JETPWRL = wt*6*(1/4+fy-rollt)
JETPWRR = wt*6*(1/4+fy+rollt)
JETPWRF = wt*6*(1/4+fy+pitcht)
JETPWRB = wt*6*(1/4+fy-pitcht)}


DemoHover2b

Code:

// [RCD]
Val
{
   JETPWRB(default=0, min=-999999999, max=999999999, disp=0)
   JETPWRF(default=0, min=-999999999, max=999999999, disp=0)
   JETPWRL(default=0, min=-999999999, max=999999999, disp=0)
   JETPWRR(default=0, min=-999999999, max=999999999, disp=0)
}
Key
{
}
Body
{
   Core(name=CORE) {
      W:Jet(power=JETPWRL, name=JETL) { }
      E:Jet(power=JETPWRR, name=JETR) { }
      N:Jet(power=JETPWRF, name=JETF) { }
      S:Jet(power=JETPWRB, name=JETB) { }
   }
}
Lua
{function main()
wt = _WEIGHT()*9.81
tgtht = 2
hoverstiff = 1
hoverdamp = 0.15
rotstiff = 0.3
rotdamp = 0.05

ht = _H(CORE)
vy = _VY(CORE)
pitchs = (_Y(JETF)-_Y(JETB))/1.2
rolls = (_Y(JETR)-_Y(JETL))/1.2
pitchw = (_VY(JETF)-_VY(JETB))/1.2
rollw = (_VY(JETR)-_VY(JETL))/1.2

pitcht = -pitchs*rotstiff-pitchw*rotdamp
rollt = -rolls*rotstiff-rollw*rotdamp
fy = (tgtht-ht)*hoverstiff-vy*hoverdamp


JETPWRL = wt*6*(1/4+fy-rollt)
JETPWRR = wt*6*(1/4+fy+rollt)
JETPWRF = wt*6*(1/4+fy+pitcht)
JETPWRB = wt*6*(1/4+fy-pitcht)
end}


Again, that's mine.
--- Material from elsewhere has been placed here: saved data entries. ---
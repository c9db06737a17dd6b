-- ===== src/Semaphore/Timed.antt =====
-- The waiting of Semaphore$lock: its timed loop on a busy semaphore, and a set that is removed
-- while the call waits for it.
use atomicles.Base.{ℕ, zero, suc, ◌+◌, ◌≤◌, ◌≡◌, refl, ap, Bool, true, some, arith, get_elem?}
use atomicles.Base.Int.{pos, minus_one}
use atomicles.Sys.{Kernel, failed, eidrm}
use atomicles.Sys.Run
use atomicles.Sys.Run.{Run, done, Returns, returns}
use atomicles.Sys.View.{View, SemSet}
use atomicles.Sys.Laws.{Laws}
use atomicles.Semaphore.{Semaphore, lock_op, lock_rounds, lock}

module _ {W : Type 0} ⦃k : Kernel W⦄ (laws : Laws k) where
  open laws use {view}

  -- Nobody touches the set `id` while the process sleeps for a second.
  abbrev pub Undisturbed : ℕ → SemSet → Type 0
  Undisturbed id s =
      (w : W)
      → (view w).sems id ≡ some s
      → Returns (λ _ w'. (view w').sems id ≡ some s) (k.sleep 1 w)

  module _ (this : Semaphore) (i : ℕ) (persist : Bool) (s : SemSet) where
    lock_rounds-busy :
        (n : ℕ) (w : W)
        → Undisturbed this.id s
        → get_elem? s.values i ≡ some 0
        → (view w).sems this.id ≡ some s
        → Returns
            (λ e w'.
              (e ≡ pos 1)
              × ((view w').sems this.id ≡ some s)
              × ((view w).clock + n ≤ (view w').clock))
            (lock_rounds n this.id (lock_op i persist true) w)
    unfolding lock_rounds lock_op
    lock_rounds-busy zero w quiet busy h = returns (refl, h, omega arith)
    lock_rounds-busy (suc n) w quiet busy h =
        Run.bind (laws.semop_again w {s = s} i _ h busy) λ r w1 (e, same). rw e (
          Run.bind (Run.both (laws.sleep_ok w1 1) (quiet w1 (rw same h))) λ _ w2 (later, kept).
            Run.mono (lock_rounds-busy n w2 quiet busy kept)
              λ e' w3 (one, last, end). (one, last, omega (arith, ap (λ (v : View). v.clock) same)))

    -- With a timeout of n + 1 seconds on a semaphore of value 0 that nobody touches while the
    -- process sleeps, the lock returns 1, the set is as it was, and n + 1 seconds at least have
    -- gone by.
    pub lock-timeout :
        (n : ℕ) (w : W)
        → Undisturbed this.id s
        → get_elem? s.values i ≡ some 0
        → (view w).sems this.id ≡ some s
        → Returns
            (λ e w'.
              (e ≡ pos 1)
              × ((view w').sems this.id ≡ some s)
              × ((view w).clock + suc n ≤ (view w').clock))
            (lock this i persist (pos (suc n)) w)
    unfolding lock
    lock-timeout n w quiet busy h = lock_rounds-busy (suc n) w quiet busy h

module _ {W : Type 0} ⦃k : Kernel W⦄ (this : Semaphore) (i : ℕ) (persist : Bool) where
  -- When the set is removed while the call waits on it (EIDRM), a lock without a time limit
  -- (timeouts 0 and -1) answers 0, as if it had been taken.
  pub lock-removed :
      (w w' : W)
      → ((nowait : Bool) → k.semop this.id (lock_op i persist nowait) w ≡ done (failed eidrm) w')
      → (lock this i persist (pos 0) w ≡ done (pos 0) w')
        × (lock this i persist minus_one w ≡ done (pos 0) w')
  unfolding lock
  lock-removed w w' removed = (rw removed, rw removed)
Thanks, fred!

Corrected to give you the credit.

By the way, could you explain more about the damping factor? I don't exactly understand that part. I know why it's there (or else the system would continuously oscillate in a sinusoidal fashion), but... how does the factor work in the equation?

it uses the hover's velocity and tries to stop it

Okay, yeah, I figured it out. Thanks anyway.